Para Freud, o luto é caracterizado por um conjunto de reações psicológicas conscientes ou inconscientes, que o indivíduo vivencia logo após uma situação de perda. É uma reação natural, de tristeza e não necessariamente se trata de superação ou esquecimento, e sim de adaptação a novas condições de vida.
Freud diz que o luto termina quando a gente sente que aquilo que foi perdido faz parte de nós. E a partir daí podemos criar novos vínculos e seguir adiante com a nossa vida, ainda que constantemente a saudade nos visite.
As cinco etapas do luto
Embora não seja um processo linear, o luto pode ser didaticamente dividido em cinco fases. A maioria das pessoas irão desenvolver ao menos dois dentre os cinco estágios do luto, e não necessariamente seguindo esta ordem: negação, raiva, negociação, depressão e aceitação.
– Negação – a não aceitação e a recusa em acreditar na perda. A negação da realidade como defesa contra um sentimento de dor e de angústia avassaladores. Pode durar horas ou semanas.
– Raiva e culpa – os sentimentos de raiva contra o morto e culpa por não tê-lo amado o suficiente se alternam. Não aceita a perda e se revolta contra ela. Surgem os questionamentos: por que isso aconteceu comigo? O que fiz para merecer isso? E se eu tivesse impedido? Eu deveria ter tido mais paciência…
– Negociação – a pessoa busca alguma forma de mudar aquela situação que está lhe causando tanto sofrimento, é uma tentativa para as coisas voltarem a ser como antes – como, por exemplo, no caso em que o pensamento se volta para um possível reencontro após a morte.
– Depressão – fase crítica e delicada onde começa o entendimento da perda e a percepção de que, de fato, as coisas não serão mais como antes. Sensação de perda imediata de sonhos, projetos, mudanças e insistentes lembranças associadas à pessoa. Muita tristeza e dor é vivenciada nessa fase, mas passar por ela é essencial.

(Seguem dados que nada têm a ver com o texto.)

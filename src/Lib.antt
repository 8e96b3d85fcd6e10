-- ===== src/Lib.antt =====
-- The distributed file system of this repository: nodes that join a ring at an introducer, watch
-- their neighbours by heartbeats, elect a master, and keep copies of files on three members.
--
-- Parts, and how they interact. The introducer (src/client.cpp, `intro_handler`) keeps the ring of
-- src/virtual_ring.cpp; on JOIN and LEAVE it changes the ring, answers with the addresses of the
-- sender's four neighbours, and starts `update_nodes`, which sends every other node its own. Each
-- node keeps a membership list and its local neighbours, merges the lists that heartbeats carry
-- (`heartbeat_handler`), marks silent neighbours (`failure_detector`) and takes the last living
-- member as master (`master_elector`). The master answers where a file goes (`putfile_handler`,
-- `where_to`), the monitors answer who holds it (`monitor_handler`), and the commands of `main`
-- ask both and move the bytes by `upload_file` and `download_file` of src/ftpclient.cpp, with a
-- child of src/ftpserver.cpp at the other end. Every request but those of files goes through
-- `udp_sendmsg` and `handle_receive` of src/com.cpp.
--
-- Files. Base, Text: shared names, numbers, strings as lists of bytes, `std::map` and `std::set`
-- as sorted lists, `boost::split` as the parameter `Boost` with its documented behaviour, `atoi`.
-- Node: `struct node` and `class virtual_ring` as a heap, each field a function of the address.
-- Ring: `insert`, `leave` and `put_file` of src/virtual_ring.cpp, statement by statement, and the
-- lines of `display` (Display); its children hold what makes the nodes a ring (Shape), the list of
-- addresses that it stands for (Spec), and the theorems (Refine, RefineLeave, History).
-- Introducer: `intro_handler` and `update_nodes`. Members: the handlers and thread rounds of
-- src/client.cpp on the membership list of src/membershiplist.hpp. Placement: `where_to`,
-- `putfile_handler`, `monitor_handler` and `find_file_remote`. Replication: `monitor`, the files
-- of all nodes after a round (Round, Restore), a `get` after it (Recovery), and all of it after
-- two failures (Survival). Transfer: the loops that send and receive a file, over a socket that is
-- a parameter (`Socket`). Ftp: both ends of one request of a file, `upload_file`, `download_file`
-- and `list_remote_files` at one end and `get`, `put` and `ls-remote` at the other; each end is a
-- function of its own connection, which says what the other end answers (`Answers`), and for a
-- message that the code takes from one `recv` that it comes in one piece (`AnswersWhole`,
-- `InOnePiece`); the bytes of a file may come in any pieces. Datagram: `udp_sendmsg` and the UDP
-- server, over a network that is a parameter (`Network`). Tcp: `tcp_send_file` and
-- `tcp_connection` of src/com.hpp, and `tcp_file_server` with the loop of src/sdfs.cpp that sends
-- to it (Tcp/Server). Commands: the menu of `main` over an interface of the other parts
-- (`Remote`); `Service` has the laws that the commands rely on, and Commands/Cluster the handlers
-- of Placement that keep them. Members has the steps of a node in any order (Life, Silence,
-- Beating). System: the introducer and any number of nodes with the datagrams between them,
-- `servo`, `updater`, `runner`, `runner_back` and the start of a process in `main`; an event is a
-- step of one thread or a datagram that arrives (Steps, Reach), and Converge has a run of
-- `update_nodes` with the processes that it informs. Examples: concrete runs, and the theorems at
-- concrete inputs.
--
-- Conventions. `none` is undefined behaviour of the source (a NULL dereference, a missing field,
-- reading `end()`) or an exception. One is not: the constructor of `member_entry` writes the
-- address past the end of an empty string; the entry keeps those bytes in `overrun`, and what is
-- said of it holds where they hurt nothing else. Each handler, and each round of a thread, is
-- taken as one step; `time(0)` is an argument. Loops with a counter recurse on the rounds left,
-- which is the source's own bound; the loops of Transfer recurse on fuel, the number of bytes,
-- which is enough since every round that is not the last moves at least one.
--
-- A name, a path or a listing that does not fit its buffer of 256 bytes, and a request that does
-- not fit its datagram of 512, is `none` as well, and so is a file that `fopen` does not find. A
-- folder that is written to is taken to be there.
--
-- In System every datagram that was ever sent may arrive, in any order, again, or never, and
-- reaches its handler as it was sent; Datagram has the limits of the buffers on the way. A JOIN is
-- one step, from the request to the start of the new process.
--
-- Not modelled: what boost::asio and the sockets do inside, `accept`, `fork`, `connect` and the
-- lookup of a host, sleeps and what threads do inside one another's handlers, the log file,
-- exceptions that `main` catches in a command, the launchers (src/server.cpp, src/daemon.c) and
-- test/DS_Introducer.cpp, an older copy of the ring. `int` and `time_t` are taken without
-- overflow.
pub mod Base
pub mod Commands
pub mod Datagram
pub mod Examples
pub mod Ftp
pub mod Introducer
pub mod Members
pub mod Node
pub mod Placement
pub mod Replication
pub mod Ring
pub mod System
pub mod Tcp
pub mod Text
pub mod Transfer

– Aceitação – a perda passa a ser vista com um outro olhar, e pode ser aceita com mais tranquilidade e equilíbrio.
Quando o luto se torna patológico
Vale lembrar que luto não é doença. Luto não é depressão, não é estresse pós-traumático. Luto é luto, e como tal precisa ser vivenciado. Mas é verdade que o luto também impacta o nosso organismo. O sistema imunológico aparentemente fica abalado, ficamos mais suscetíveis a gripes, podemos sentir dores pelo corpo, dores de cabeça, taquicardia, náuseas… também os sintomas físicos fazem parte desse momento.
Sendo um processo de natureza individual, não existe um período de duração pré-estabelecido. No entanto, quando o luto se estende por um longo período de tempo e impede que a pessoa realize as tarefas de seu cotidiano e retome sua vida, é un sinal de que a pessoa precisa da ajuda de um profissional, pois o luto já se tornou patológico.
Ajuda para enfrentar o luto
A Psicanálise pode ajudar muito nesse processo de reorganização psicológica para o individuo suportar a nova situação. Normalmente a pessoa enlutada precisa falar sobre sua perda para conseguir elaborá-la. É importante também que ela se sinta acolhida e compreendida em sua dor. Aprender a lidar com cada etapa é necessário para ter forças e se readequar à nova fase da vida e seguir em frente.
A psicoterapia ajuda muito na organização mental, ao identificar quais os fatores que estão agravando o luto e oferecer meios para que se possa lidar com a situação de uma maneira mais assertiva.
A chance de uma transformação
O luto é um choque de realidade, quando ele acontece obriga a pessoa a rever valores. Faz você pensar sobre o tempo de vida que você gasta fazendo e pensando em coisas que não são essenciais. Então entrar em contato com a morte e com a possibilidade de perder as pessoas que ama acaba de alguma forma sendo transformador. Mesmo a noção de tempo pode acabar sendo relativizada – a gente não tem ontem, a gente não tem amanhã. De concreto e palpável temos apenas hoje para estarmos com quem a gente ama. A consciência da nossa finitude é que nos permite aproveitar da melhor maneira possível a nossa vida, aqui e agora.